她很早就离开了,如同从来没有到访过这个尘世;他曾坚强地活着,现在他寻了她的芳踪,去追随隔断经年的爱人了。能用什么色彩比喻他们的忧伤呢?这时候我仿佛看到粉红的唇迹,一点、就一点,昂扬着花朵一般的生机,在时空的夹缝里安静地开放。也许,悲伤的颜色还可以是多彩的吧,就像从“梁祝”悠扬的琴音里飞来,徘徊在檐下的蝴蝶仙子,他们不就是彩虹的模样吗?
窗外,天阴沉得厉害,被厚重的云压迫着,眼看一场大雨将要来袭,我要赶在落雨前到家。黑漆漆的天让我暂时失去了记忆,这会儿功夫到底是在正午,还是在深夜?深夜里应该有月朗星稀的天空吧!可现在却是急促、晶莹的珍珠,斜斜地敲打着一幕一幕巨大的落地玻璃窗。这雨来的急,来的猛,在轰然响着的雷声中起舞;在蛇状闪电划过天空里狂笑。冷、暖空气在高空相遇后,爱的如此轰轰烈烈,他们忘情的缠绵,相互缠绕不愿分开。尘世中的凡夫们,哪里经受得了这样的呢喃呀,怀揣着惴惴不安的心,在电与雷从天庭下凡发出的叫喊声中怯怯发抖!

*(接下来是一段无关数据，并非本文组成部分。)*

-- ===== src/Payment/Ledger.antt =====
-- The transactions of .../payment/application/use-cases in any order, and what the outbox then holds.
pub mod Once
pub mod Quiet
pub mod Hold
pub mod Steps
pub mod Shut
use jcool_ecommerce_backend.Base.{
  ℕ, ◌+◌, ◌≤◌, ◌≡◌, refl, sym, ap, ◌∙◌, Bool, true, false, not, ◌&&◌, ◌||◌, Option, none, some,
  List, [], ◌∷◌, length, Text, text_eq, text_eq_iff, text_eq_refl, ℤ, eq_ℤ, if◌then◌else◌, arith,
}
use jcool_ecommerce_backend.Payment.Status.{PaymentStatus, status_eq}
use jcool_ecommerce_backend.Payment.Fence.{PaymentOrderStatus}
use jcool_ecommerce_backend.Payment.Authorization.{Header, HeldCharge, decide_authorization}
use jcool_ecommerce_backend.Payment.Entity.{Payment, Result, ok, err, PaymentError}
use jcool_ecommerce_backend.Payment.Store
use jcool_ecommerce_backend.Payment.Store.{
  Db, Tx, AuthorizedRecord, pure, throw, lift, feed, ◌>>=◌, ◌>>◌, committed, increment_key_gen,
}
use jcool_ecommerce_backend.Payment.Gateway.{CaptureIntentResult}
use jcool_ecommerce_backend.Payment.Cancel.{Released, flip, record_release}
use jcool_ecommerce_backend.Payment.Capture.{settle}
use jcool_ecommerce_backend.Payment.Record.{PreparedAuthorization, apply}
use jcool_ecommerce_backend.Payment.Open.{claim, insert_if_still_open}

-- One transaction of the service. What the provider answered, what was read before and what other
-- transactions did since are in its arguments, which nothing constrains.
pub data Step : Type 0 where
  claim_step : Text → ℤ → Text → Step
  insert_step : Text → ℤ → Text → Text → Text → ℕ → Option Payment → Step
  flip_step : Text → Step
  release_step : Payment → Released → Step
  settle_step : Payment → CaptureIntentResult → Step
  apply_step : PreparedAuthorization → Step
  key_gen_step : Option ℕ → ℕ → Step

unfoldable pub play_step : Step → Db → Db
unfolding claim insert_if_still_open flip record_release settle apply increment_key_gen
play_step (claim_step order_id amount_minor currency) db =
    committed db (claim order_id amount_minor currency db)
play_step (insert_step order_id amount_minor currency provider session payment_id retiring) db =
    committed db
      (insert_if_still_open order_id amount_minor currency provider session payment_id retiring db)
play_step (flip_step order_id) db = committed db (flip order_id db)
play_step (release_step attempt released) db = committed db (record_release attempt released db)
play_step (settle_step read result) db = committed db (settle read result db)
play_step (apply_step prepared) db = committed db (apply prepared db)
play_step (key_gen_step id gen) db = committed db (increment_key_gen id gen db)

unfoldable pub play : List Step → Db → Db
unfolding play_step
play [] db = db
play (step ∷ steps) db = play steps (play_step step db)

-- The amounts that the outbox tells the order's hold is of, the newest first.
unfoldable pub told : Text → List AuthorizedRecord → List (Option ℤ)
told order_id [] = []
told order_id (r ∷ rs) =
    let rest = told order_id rs in
    if text_eq r.order_id order_id then some r.amount_minor ∷ rest else rest

-- What the header says was recorded: nothing, or a hold of its amount.
unfoldable pub on_header : Option Header → List (Option ℤ)
on_header none = []
on_header (some header) = elim header.authorized_at [
  | none ↦ []
  | some _ ↦ header.amount_minor ∷ []
]

unfoldable pub Agrees : Db → Type 0
unfolding told on_header
Agrees db = (order_id : Text) → told order_id db.outbox ≡ on_header (db.headers order_id)

-- A header that no session may be opened under.
unfoldable pub is_shut : Option Header → Bool
is_shut none = false
is_shut (some header) = elim header.status [ PaymentOrderStatus.opened ↦ false | _ ↦ true ]
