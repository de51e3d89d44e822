-- ===== src/Payment/Ledger/Quiet.antt =====
-- Steps on the rows of .../payment that leave what is recorded of holds alone and open no header again.
use jcool_ecommerce_backend.Base.{
  ℕ, ◌≡◌, refl, sym, ap, ◌∙◌, Bool, true, false, Option, none, some, List, Text, text_eq_iff,
  if◌then◌else◌, arith,
}
use jcool_ecommerce_backend.Payment.Status.{PaymentStatus}
use jcool_ecommerce_backend.Payment.Fence.{PaymentOrderStatus}
use jcool_ecommerce_backend.Payment.Authorization.{Header}
use jcool_ecommerce_backend.Payment.Entity.{Payment, Result, ok, err, PaymentError}
use jcool_ecommerce_backend.Payment.Store.{
  Db, Tx, pure, lift, feed, ◌>>=◌, increment_key_gen, insert, insert_over, update_over, put,
  patched, update_header, update_status, create_payment,
}
use jcool_ecommerce_backend.Payment.Ledger.{on_header, is_shut}

-- The outbox and what the headers say of holds are as they were, and a header that was shut still is.
unfoldable pub Quiet : Db → Db → Type 0
unfolding on_header is_shut
Quiet before after =
    (after.outbox ≡ before.outbox)
    × ((order_id : Text) → on_header (after.headers order_id) ≡ on_header (before.headers order_id))
    × ((order_id : Text)
        → is_shut (before.headers order_id) ≡ true
        → is_shut (after.headers order_id) ≡ true)

unfoldable pub Quietly : {A : Type 0} → Db → Result (A × Db) → Type 0
Quietly before (ok (a, after)) = Quiet before after
Quietly before (err e) = Unit {0}

abbrev pub IsQuiet : {A : Type 0} → Tx A → Type 0
IsQuiet m = (db : Db) → Quietly db (m db)

pub Quiet-refl : (db : Db) → Quiet db db
unfolding Quiet
Quiet-refl db = (refl, (λ order_id. refl), (λ order_id shut. shut))

pub Quiet-trans : (a b c : Db) → Quiet a b → Quiet b c → Quiet a c
unfolding Quiet
Quiet-trans a b c (p, f, k) (q, g, l) = (q ∙ p, (λ o. g o ∙ f o), (λ o shut. l o (k o shut)))

pub Quietly-trans :
    {A : Type 0} (a b : Db) (r : Result (A × Db)) → Quiet a b → Quietly b r → Quietly a r
unfolding Quietly
Quietly-trans a b (ok (x, c)) q h = Quiet-trans a b c q h
Quietly-trans a b (err e) q h = tt

pub quiet_feed :
    {A B : Type 0} (db : Db) (r : Result (A × Db)) (f : A → Tx B)
    → Quietly db r
    → ((a : A) → IsQuiet (f a))
    → Quietly db (feed r f)
unfolding Quietly
quiet_feed db (ok (a, db')) f q h = Quietly-trans db db' (f a db') q (h a db')
quiet_feed db (err e) f q h = tt

pub IsQuiet-bind :
    {A B : Type 0} (m : Tx A) (f : A → Tx B)
    → IsQuiet m
    → ((a : A) → IsQuiet (f a))
    → IsQuiet (m >>= f)
IsQuiet-bind m f hm hf db = quiet_feed db (m db) f (hm db) hf

pub Quietly-if :
    {A : Type 0} (b : Bool) (db : Db) (r s : Result (A × Db))
    → Quietly db r
    → Quietly db s
    → Quietly db (if b then r else s)
Quietly-if true db r s hr hs = hr
Quietly-if false db r s hr hs = hs

pub IsQuiet-if :
    {A : Type 0} (b : Bool) (m k : Tx A) → IsQuiet m → IsQuiet k → IsQuiet (if b then m else k)
IsQuiet-if true m k hm hk = hm
IsQuiet-if false m k hm hk = hk

pub IsQuiet-lift : {A : Type 0} (r : Result A) → IsQuiet (lift r)
unfolding Quietly
IsQuiet-lift (ok a) db = Quiet-refl db
IsQuiet-lift (err e) db = tt

on_header-put :
    (headers : Text → Option Header) (order_id asked : Text) (row : Header)
    → on_header (some row) ≡ on_header (headers order_id)
    → on_header (put order_id row headers asked) ≡ on_header (headers asked)
on_header-put headers order_id asked row h =
    ground (arith, text_eq_iff asked order_id, ap headers, ap on_header)

pub is_shut-put :
    (headers : Text → Option Header) (order_id asked : Text) (row : Header)
    → (is_shut (headers order_id) ≡ true → is_shut (some row) ≡ true)
    → is_shut (headers asked) ≡ true
    → is_shut (put order_id row headers asked) ≡ true
is_shut-put headers order_id asked row kept shut =
    let same = λ (e : asked ≡ order_id). ap (λ o. is_shut (headers o)) e in
    ground (arith, text_eq_iff asked order_id)

pub insert_over_quiet :
    (found : Option Header) (order_id : Text) (row : Header) (db : Db)
    → db.headers order_id ≡ found
    → row.authorized_at ≡ none
    → Quietly db (insert_over found order_id row db)
unfolding insert_over Quiet Quietly on_header is_shut
insert_over_quiet none order_id row db p h =
    let open_before = ap is_shut p in
    (
      refl,
      (λ asked. on_header-put db.headers order_id asked row (ground arith)),
      (λ asked. is_shut-put db.headers order_id asked row (λ shut. cc)),
    )
insert_over_quiet (some _) order_id row db p h = (refl, (λ asked. refl), (λ asked shut. shut))

pub insert-IsQuiet :
    (order_id : Text) (row : Header) → row.authorized_at ≡ none → IsQuiet (insert order_id row)
unfolding insert
insert-IsQuiet order_id row h db = insert_over_quiet (db.headers order_id) order_id row db refl h

-- A patch that does not set the status back to `opened`.
abbrev pub is_shutting : Option PaymentOrderStatus → Bool
is_shutting (some PaymentOrderStatus.opened) = false
is_shutting _ = true

pub is_shut-update :
    (header : Header) (status : Option PaymentOrderStatus) (authorized_at : Option ℕ)
    → is_shutting status ≡ true
    → is_shut (some header) ≡ true
    → is_shut (
        some
          (record header { status = patched status header.status; authorized_at = authorized_at }))
      ≡ true
unfolding is_shut
is_shut-update header none authorized_at shutting shut = shut
is_shut-update header (some status) authorized_at shutting shut = ground arith

pub update_over_quiet :
    (found : Option Header) (order_id : Text) (status : Option PaymentOrderStatus) (db : Db)
    → db.headers order_id ≡ found
    → is_shutting status ≡ true
    → Quietly db (update_over found order_id status none db)
unfolding update_over Quiet Quietly on_header
update_over_quiet none order_id status db p shutting = (refl, (λ asked. refl), (λ asked shut. shut))
update_over_quiet (some header) order_id status db p shutting = (
  refl,
  (λ asked. on_header-put db.headers order_id asked _ (ap on_header (sym p))),
  (λ asked. is_shut-put db.headers order_id asked _ (λ shut.
      is_shut-update header status header.authorized_at shutting (sym (ap is_shut p) ∙ shut))),
)

pub update_header-IsQuiet :
    (order_id : Text) (status : Option PaymentOrderStatus)
    → is_shutting status ≡ true
    → IsQuiet (update_header order_id status none)
unfolding update_header
update_header-IsQuiet order_id status shutting db =
    update_over_quiet (db.headers order_id) order_id status db refl shutting

pub update_status-IsQuiet :
    (id : Option ℕ) (to : PaymentStatus) (intent : Option Text) (from : Option PaymentStatus)
    → IsQuiet (update_status id to intent from)
unfolding update_status Quiet Quietly
update_status-IsQuiet id to intent from db = (refl, (λ asked. refl), (λ asked shut. shut))

pub increment_key_gen-IsQuiet : (id : Option ℕ) (gen : ℕ) → IsQuiet (increment_key_gen id gen)
unfolding increment_key_gen Quiet Quietly
increment_key_gen-IsQuiet id gen db = (refl, (λ asked. refl), (λ asked shut. shut))

pub Quietly-err : (A : Type 0) (db : Db) (e : PaymentError) → Quietly {A = A} db (err e)
unfolding Quietly
Quietly-err A db e = tt

pub Quietly-payments :
    {A : Type 0} (db : Db) (a : A) (rows : List Payment)
    → Quietly db (ok (a, record db { payments = rows }))
unfolding Quietly Quiet
Quietly-payments db a rows = (refl, (λ asked. refl), (λ asked shut. shut))

pub create_payment-IsQuiet : (p : Payment) (id : ℕ) → IsQuiet (create_payment p id)
unfolding create_payment
create_payment-IsQuiet p id db = Quietly-if _ db _ _ (Quietly-err _ db _) (Quietly-payments db _ _)

pub pure-IsQuiet : {A : Type 0} (a : A) → IsQuiet (pure a)
unfolding Quietly
pure-IsQuiet a db = Quiet-refl db

-- A branch on whether a row was found.
pub quiet_found :
    {A B : Type 0} (x : Option A) (m : Tx B) (k : A → Tx B) (db : Db)
    → Quietly db (m db)
    → ((a : A) → Quietly db (k a db))
    → Quietly db ((elim x as (λ _. Tx B) [ none ↦ m | some a ↦ k a ]) db)
quiet_found none m k db hm hk = hm
quiet_found (some a) m k db hm hk = hk a
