-- ===== src/Payment/Ledger/Hold.antt =====
-- `apply` of .../payment/application/use-cases/record-authorization.use-case.ts, which records a hold,
-- among the other transactions.
use jcool_ecommerce_backend.Base.{
  ℕ, ◌≡◌, refl, sym, ap, subst, ◌∙◌, Bool, true, false, ◌&&◌, Option, none, some, [], ◌∷◌, find,
  ◌⊎◌, inl, inr, Text, text_eq, text_eq_iff, ℤ, eq_ℤ, if◌then◌else◌, arith, pos, negsuc,
}
use jcool_ecommerce_backend.Payment.Status.{PaymentStatus}
use jcool_ecommerce_backend.Payment.Fence.{PaymentOrderStatus}
use jcool_ecommerce_backend.Payment.Authorization.{
  Header, HeldCharge, decide_authorization, AuthorizationDecision, charge_matches,
}
use jcool_ecommerce_backend.Payment.Entity.{Payment, Result, ok, err, PaymentError, mark_authorized}
use jcool_ecommerce_backend.Payment.Store.{
  Db, Tx, AuthorizedRecord, pure, throw, lift, feed, ◌>>=◌, committed, update_over, put,
  update_header, update_status, append, same_id,
}
use jcool_ecommerce_backend.Payment.Record.{
  PreparedAuthorization, AuthorizationOutcome, apply, apply_decision, write_authorization,
}
use jcool_ecommerce_backend.Payment.Ledger.{told, on_header, Agrees}
use jcool_ecommerce_backend.Payment.Ledger.Quiet.{Quiet, Quietly}

-- The rows agree after a transaction, whether it commits or rolls back.
unfoldable pub Kept : {A : Type 0} → Result (A × Db) → Type 0
Kept (ok (outcome, after)) = Agrees after
Kept (err e) = Unit {0}

pub quiet-Kept :
    {A : Type 0} (before : Db) (r : Result (A × Db)) → Agrees before → Quietly before r → Kept r
unfolding Kept Agrees Quietly Quiet
quiet-Kept before (err e) h q = tt
quiet-Kept before (ok (outcome, after)) h (same, marks, shut) =
    λ o. ap (told o) same ∙ h o ∙ sym (marks o)

pub Kept-committed :
    {A : Type 0} (before : Db) (r : Result (A × Db))
    → Agrees before
    → Kept r
    → Agrees (committed before r)
unfolding Kept
Kept-committed before (ok (outcome, after)) h k = k
Kept-committed before (err e) h k = h

eq_ℤ_sound : (a b : ℤ) → eq_ℤ a b ≡ true → a ≡ b
eq_ℤ_sound (pos a) (pos b) h = ground arith
eq_ℤ_sound (pos a) (negsuc b) h = ground arith
eq_ℤ_sound (negsuc a) (pos b) h = ground arith
eq_ℤ_sound (negsuc a) (negsuc b) h = ground arith

held_amount :
    (x : Option ℤ) (a : ℤ) (b : Bool)
    → (elim x as (λ _. Bool) [ none ↦ false | some held ↦ eq_ℤ held a ]) && b ≡ true
    → x ≡ some a
held_amount none a b h = ground arith
held_amount (some held) a b h = ap some (eq_ℤ_sound held a (ground arith))

charge_matches_amount :
    (amount : Option ℤ) (currency : Option Text) (hold : HeldCharge)
    → charge_matches amount currency hold ≡ true
    → hold.amount_minor ≡ amount
unfolding charge_matches
charge_matches_amount none currency hold h = ground arith
charge_matches_amount (some a) none hold h = ground arith
charge_matches_amount (some a) (some c) hold h = held_amount hold.amount_minor a _ h

IsRecording : AuthorizationDecision → Type 0
IsRecording d = d ≡ AuthorizationDecision.record_hold ⊎ d ≡ AuthorizationDecision.record_late

-- A hold is recorded only on a header that has none, of the payment's amount.
decided_record :
    (payment : Payment) (header : Header) (hold : HeldCharge)
    → IsRecording (decide_authorization payment header hold)
    → (header.authorized_at ≡ none) × (header.amount_minor ≡ some payment.amount_minor)
unfolding decide_authorization IsRecording
decided_record payment header hold h =
    let on_header = charge_matches_amount header.amount_minor header.currency hold in
    let on_payment =
      charge_matches_amount (some payment.amount_minor) (some payment.currency) hold in
    (ground arith, ground arith)

on_header_fresh : (header : Header) → header.authorized_at ≡ none → on_header (some header) ≡ []
unfolding on_header
on_header_fresh header h = ground arith

written_told :
    (before : Db) (o asked : Text) (header written : Header) (r : AuthorizedRecord)
    → Agrees before
    → before.headers o ≡ some header
    → header.authorized_at ≡ none
    → r.order_id ≡ o
    → on_header (some written) ≡ some r.amount_minor ∷ []
    → told asked (r ∷ before.outbox) ≡ on_header (put o written before.headers asked)
unfolding told Agrees
written_told before o asked header written r agrees p fresh q w =
    let untold : (told o before.outbox ≡ []) =
      agrees o ∙ ap on_header p ∙ on_header_fresh header fresh in
    let other = agrees asked in
    let same = (λ (e : asked ≡ o). ap (λ t. told t before.outbox) e) in
    ground (arith, text_eq_iff asked o, text_eq_iff r.order_id asked)

appended_Kept :
    (o : Text) (header : Header) (status : Option PaymentOrderStatus) (at : ℕ)
    (r : AuthorizedRecord) (db : Db)
    → Agrees db
    → db.headers o ≡ some header
    → header.authorized_at ≡ none
    → header.amount_minor ≡ some r.amount_minor
    → r.order_id ≡ o
    → Kept (feed (update_over (some header) o status (some at) db) (λ _. append r))
unfolding Kept Agrees update_over on_header
appended_Kept o header status at r db agrees p fresh amount q =
    λ asked. written_told db o asked header _ r agrees p fresh q (ap (λ a. a ∷ []) amount)

abbrev rows_of : {A : Type 0} → Result (A × Db) → Db → Db
rows_of (ok (a, db)) kept = db
rows_of (err e) kept = kept

abbrev pub authorized_record : PreparedAuthorization → ℕ → Payment → AuthorizedRecord
authorized_record prepared id payment = record {
  id = id;
  payment_id = prepared.payment_id;
  order_id = prepared.order_id;
  amount_minor = payment.amount_minor;
  currency = payment.currency;
  authorized_at = prepared.authorized_at;
}

lifted_Kept :
    {A B : Type 0} (r : Result A) (f : A → Tx B) (db : Db)
    → ((a : A) → Kept (f a db))
    → Kept ((lift r >>= f) db)
unfolding Kept
lifted_Kept (ok a) f db h = h a
lifted_Kept (err e) f db h = tt

then_Kept : {A B : Type 0} (r : Result (A × Db)) (b : B) → Kept r → Kept (feed r (λ _. pure b))
unfolding Kept
then_Kept (ok (a, db)) b h = h
then_Kept (err e) b h = tt

write_authorization-Kept :
    (prepared : PreparedAuthorization) (id : ℕ) (payment : Payment) (header : Header)
    (status : Option PaymentOrderStatus) (db : Db)
    → Agrees db
    → db.headers prepared.order_id ≡ some header
    → header.authorized_at ≡ none
    → header.amount_minor ≡ some payment.amount_minor
    → Kept (write_authorization prepared id payment status db)
unfolding write_authorization update_status update_header Agrees
write_authorization-Kept prepared id payment header status db agrees p fresh amount =
    lifted_Kept (mark_authorized payment prepared.hold.intent_id) _ db (λ authorized.
      let updated =
        rows_of
          (update_status prepared.payment_id authorized.status authorized.provider_intent_id
            (some PaymentStatus.pending) db)
          db in
      subst
        (λ found. Kept (
          feed (update_over found prepared.order_id status (some prepared.authorized_at) updated)
            (λ _. append (authorized_record prepared id payment))))
        (sym p)
        (appended_Kept prepared.order_id header status prepared.authorized_at
          (authorized_record prepared id payment) updated agrees p fresh amount refl))

if_Kept :
    {A : Type 0} (b : Bool) (m k : Tx A) (db : Db)
    → Kept (m db)
    → Kept (k db)
    → Kept ((if b then m else k) db)
if_Kept true m k db hm hk = hm
if_Kept false m k db hm hk = hk

found_Kept :
    {A B : Type 0} (x : Option A) (m : Tx B) (k : A → Tx B) (db : Db)
    → Kept (m db)
    → ((a : A) → x ≡ some a → Kept (k a db))
    → Kept ((elim x as (λ _. Tx B) [ none ↦ m | some a ↦ k a ]) db)
found_Kept none m k db hm hk = hm
found_Kept (some a) m k db hm hk = hk a refl

thrown_Kept : (A : Type 0) (e : PaymentError) (db : Db) → Kept (throw {A = A} e db)
unfolding Kept
thrown_Kept A e db = tt

apply_decision-Kept :
    (prepared : PreparedAuthorization) (payment : Payment) (header : Header)
    (d : AuthorizationDecision) (db : Db)
    → Agrees db
    → db.headers prepared.order_id ≡ some header
    → (IsRecording d
        → (header.authorized_at ≡ none) × (header.amount_minor ≡ some payment.amount_minor))
    → Kept (apply_decision prepared payment d db)
unfolding apply_decision Kept IsRecording
apply_decision-Kept prepared payment header AuthorizationDecision.already_recorded db agrees p h =
    agrees
apply_decision-Kept prepared payment header AuthorizationDecision.amount_mismatch db agrees p h =
    agrees
apply_decision-Kept prepared payment header AuthorizationDecision.stray db agrees p h =
    if_Kept prepared.stray_voided (pure AuthorizationOutcome.stray_voided)
      (throw PaymentError.webhook_retry_later) db agrees tt
apply_decision-Kept prepared payment header AuthorizationDecision.record_hold db agrees p h =
    found_Kept prepared.outbox_id _ _ db tt (λ id _.
      then_Kept (write_authorization prepared id payment (some PaymentOrderStatus.authorized) db)
        AuthorizationOutcome.recorded
        (write_authorization-Kept prepared id payment header (some PaymentOrderStatus.authorized) db
          agrees p (h (inl refl)).0 (h (inl refl)).1))
apply_decision-Kept prepared payment header AuthorizationDecision.record_late db agrees p h =
    found_Kept prepared.outbox_id _ _ db tt (λ id _.
      then_Kept (write_authorization prepared id payment none db) AuthorizationOutcome.recorded_late
        (write_authorization-Kept prepared id payment header none db agrees p (h (inr refl)).0
          (h (inr refl)).1))

pub apply-Kept : (prepared : PreparedAuthorization) (db : Db) → Agrees db → Kept (apply prepared db)
unfolding apply
apply-Kept prepared db agrees =
    found_Kept (db.headers prepared.order_id) _ _ db (thrown_Kept _ _ db) (λ header p.
      found_Kept
        (find (λ row. text_eq row.provider_session_id prepared.provider_session_id) db.payments) _ _
        db (thrown_Kept _ _ db)
        (λ payment _.
          if_Kept (same_id payment.id prepared.payment_id)
            (apply_decision prepared payment (decide_authorization payment header prepared.hold))
            (throw PaymentError.invariant_broken) db
            (apply_decision-Kept prepared payment header
              (decide_authorization payment header prepared.hold) db agrees p
              (decided_record payment header prepared.hold))
            (thrown_Kept _ _ db)))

聆听着雨点唱出的号子,宏大、幽秘地刺入心房,一个人的时候,湿润了本已铺了青苔的心脏。雨有时是快乐地,如山莺鸣唱;雨有时是悲伤的,如吹奏一曲思念的萨克斯,低郁的乐声久久弥漫在无边无际的空气中,挥之不去。眼前又出现了我在今年夏天到访过的撒哈拉沙漠,遥远的阿雍城里,“百合花”静开的模样依旧在这个偏僻小城的街市、巷弄间游荡;还有那两位老者,驼了脊背,牵了手,一起走着的粉红色背影。
原来,悲伤的色彩里,也给幸福的颜色留下了不大的一隅。